╭─ Dataset records
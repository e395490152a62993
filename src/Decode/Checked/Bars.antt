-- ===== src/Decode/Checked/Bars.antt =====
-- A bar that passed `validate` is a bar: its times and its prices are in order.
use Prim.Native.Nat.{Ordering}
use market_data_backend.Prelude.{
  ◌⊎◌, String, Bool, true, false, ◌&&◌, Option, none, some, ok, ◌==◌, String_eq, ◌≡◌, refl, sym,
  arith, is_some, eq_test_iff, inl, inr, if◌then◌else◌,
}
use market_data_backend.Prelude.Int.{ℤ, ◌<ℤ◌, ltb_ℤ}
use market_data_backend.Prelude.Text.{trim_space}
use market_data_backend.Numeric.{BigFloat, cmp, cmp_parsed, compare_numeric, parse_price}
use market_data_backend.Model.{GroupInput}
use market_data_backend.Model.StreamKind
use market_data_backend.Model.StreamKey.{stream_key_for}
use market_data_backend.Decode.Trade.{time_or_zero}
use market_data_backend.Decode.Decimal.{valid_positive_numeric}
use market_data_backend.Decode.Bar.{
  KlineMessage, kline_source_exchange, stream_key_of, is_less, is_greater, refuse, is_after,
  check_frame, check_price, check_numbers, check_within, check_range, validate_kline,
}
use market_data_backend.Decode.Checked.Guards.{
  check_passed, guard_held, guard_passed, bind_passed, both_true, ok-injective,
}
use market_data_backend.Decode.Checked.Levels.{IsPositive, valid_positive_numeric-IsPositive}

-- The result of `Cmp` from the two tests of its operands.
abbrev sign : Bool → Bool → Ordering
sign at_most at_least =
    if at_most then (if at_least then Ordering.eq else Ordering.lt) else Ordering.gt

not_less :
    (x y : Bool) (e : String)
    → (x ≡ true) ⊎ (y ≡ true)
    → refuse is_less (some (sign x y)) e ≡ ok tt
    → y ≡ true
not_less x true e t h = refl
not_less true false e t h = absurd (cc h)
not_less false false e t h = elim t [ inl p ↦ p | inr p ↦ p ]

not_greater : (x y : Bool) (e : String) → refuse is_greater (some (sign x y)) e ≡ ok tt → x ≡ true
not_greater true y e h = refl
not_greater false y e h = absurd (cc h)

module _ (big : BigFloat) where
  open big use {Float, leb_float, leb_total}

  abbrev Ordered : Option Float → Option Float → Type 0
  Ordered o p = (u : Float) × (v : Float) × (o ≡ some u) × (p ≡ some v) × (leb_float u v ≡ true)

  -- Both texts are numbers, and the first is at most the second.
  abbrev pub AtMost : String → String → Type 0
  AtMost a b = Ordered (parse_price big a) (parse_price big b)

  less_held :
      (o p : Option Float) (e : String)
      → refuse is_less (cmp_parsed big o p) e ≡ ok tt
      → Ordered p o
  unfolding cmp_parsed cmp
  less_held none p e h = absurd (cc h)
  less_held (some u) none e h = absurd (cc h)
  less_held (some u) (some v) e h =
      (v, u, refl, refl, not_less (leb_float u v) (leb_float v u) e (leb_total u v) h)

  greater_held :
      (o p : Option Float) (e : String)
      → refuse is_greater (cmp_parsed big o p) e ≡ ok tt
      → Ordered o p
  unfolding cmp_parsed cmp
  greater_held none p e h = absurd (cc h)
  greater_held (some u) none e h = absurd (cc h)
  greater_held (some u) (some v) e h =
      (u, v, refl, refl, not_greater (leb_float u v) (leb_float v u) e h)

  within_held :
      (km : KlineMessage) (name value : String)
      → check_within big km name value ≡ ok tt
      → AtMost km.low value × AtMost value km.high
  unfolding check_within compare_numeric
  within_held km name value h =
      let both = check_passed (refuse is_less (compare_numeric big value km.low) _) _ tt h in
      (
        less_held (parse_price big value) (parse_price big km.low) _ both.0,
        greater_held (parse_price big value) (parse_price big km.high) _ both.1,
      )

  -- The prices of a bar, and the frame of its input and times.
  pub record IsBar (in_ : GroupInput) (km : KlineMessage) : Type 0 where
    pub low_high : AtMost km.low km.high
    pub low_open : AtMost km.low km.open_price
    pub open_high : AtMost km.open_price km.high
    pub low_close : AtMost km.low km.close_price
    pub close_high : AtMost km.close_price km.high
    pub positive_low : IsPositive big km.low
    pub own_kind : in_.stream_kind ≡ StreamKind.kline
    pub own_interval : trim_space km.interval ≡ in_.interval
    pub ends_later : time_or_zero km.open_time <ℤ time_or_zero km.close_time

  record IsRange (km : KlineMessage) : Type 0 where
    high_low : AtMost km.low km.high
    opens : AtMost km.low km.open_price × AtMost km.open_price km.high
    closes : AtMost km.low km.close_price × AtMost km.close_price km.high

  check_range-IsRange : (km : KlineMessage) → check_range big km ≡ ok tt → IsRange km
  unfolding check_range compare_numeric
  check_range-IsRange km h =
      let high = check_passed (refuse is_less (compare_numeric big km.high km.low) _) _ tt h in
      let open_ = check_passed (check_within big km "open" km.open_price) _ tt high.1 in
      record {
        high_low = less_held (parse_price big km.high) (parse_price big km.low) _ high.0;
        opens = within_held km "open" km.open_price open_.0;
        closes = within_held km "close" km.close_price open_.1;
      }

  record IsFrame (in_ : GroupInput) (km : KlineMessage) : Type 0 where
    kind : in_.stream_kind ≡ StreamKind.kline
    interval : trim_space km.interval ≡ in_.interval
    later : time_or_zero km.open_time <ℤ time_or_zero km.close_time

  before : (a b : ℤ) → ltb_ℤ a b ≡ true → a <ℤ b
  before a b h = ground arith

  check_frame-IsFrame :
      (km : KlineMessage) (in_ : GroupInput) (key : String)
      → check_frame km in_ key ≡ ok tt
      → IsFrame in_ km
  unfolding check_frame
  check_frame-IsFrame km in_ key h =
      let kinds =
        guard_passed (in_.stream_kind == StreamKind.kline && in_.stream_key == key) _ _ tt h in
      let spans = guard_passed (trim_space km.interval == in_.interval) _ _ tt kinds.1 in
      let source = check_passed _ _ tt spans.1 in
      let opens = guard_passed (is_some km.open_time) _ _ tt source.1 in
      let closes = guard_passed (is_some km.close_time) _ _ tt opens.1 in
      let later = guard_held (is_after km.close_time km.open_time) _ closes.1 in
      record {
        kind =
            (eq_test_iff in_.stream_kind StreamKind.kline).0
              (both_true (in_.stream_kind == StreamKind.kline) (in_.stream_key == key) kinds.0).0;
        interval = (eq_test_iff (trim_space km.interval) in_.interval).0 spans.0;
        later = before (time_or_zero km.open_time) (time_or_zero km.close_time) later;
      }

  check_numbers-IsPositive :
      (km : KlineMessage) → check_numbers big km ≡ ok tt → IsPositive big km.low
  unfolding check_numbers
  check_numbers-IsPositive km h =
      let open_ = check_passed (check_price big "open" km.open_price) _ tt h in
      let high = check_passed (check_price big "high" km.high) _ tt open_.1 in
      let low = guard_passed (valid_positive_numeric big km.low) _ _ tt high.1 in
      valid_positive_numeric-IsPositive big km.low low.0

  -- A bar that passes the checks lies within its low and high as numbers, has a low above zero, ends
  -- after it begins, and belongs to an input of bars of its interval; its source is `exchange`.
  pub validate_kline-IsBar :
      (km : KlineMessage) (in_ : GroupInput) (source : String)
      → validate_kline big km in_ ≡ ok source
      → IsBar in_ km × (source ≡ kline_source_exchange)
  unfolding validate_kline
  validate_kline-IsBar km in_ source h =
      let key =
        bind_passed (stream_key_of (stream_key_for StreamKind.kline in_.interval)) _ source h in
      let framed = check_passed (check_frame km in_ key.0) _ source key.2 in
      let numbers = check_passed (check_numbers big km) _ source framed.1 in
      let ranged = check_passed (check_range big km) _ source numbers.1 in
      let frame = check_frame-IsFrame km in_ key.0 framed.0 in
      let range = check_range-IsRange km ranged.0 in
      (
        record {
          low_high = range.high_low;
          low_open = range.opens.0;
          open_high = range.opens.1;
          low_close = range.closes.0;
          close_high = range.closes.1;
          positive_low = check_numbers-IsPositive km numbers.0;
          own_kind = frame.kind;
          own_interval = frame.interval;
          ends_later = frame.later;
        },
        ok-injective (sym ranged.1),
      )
╰─
Your answer should be the exact lines above from the one with "not_less false false" through the one with "open big use", both included, and nothing besides.

▶ **Response to the task**
not_less false false e t h = elim t [ inl p ↦ p | inr p ↦ p ]

not_greater : (x y : Bool) (e : String) → refuse is_greater (some (sign x y)) e ≡ ok tt → x ≡ true
not_greater true y e h = refl
not_greater false y e h = absurd (cc h)

module _ (big : BigFloat) where
  open big use {Float, leb_float, leb_total}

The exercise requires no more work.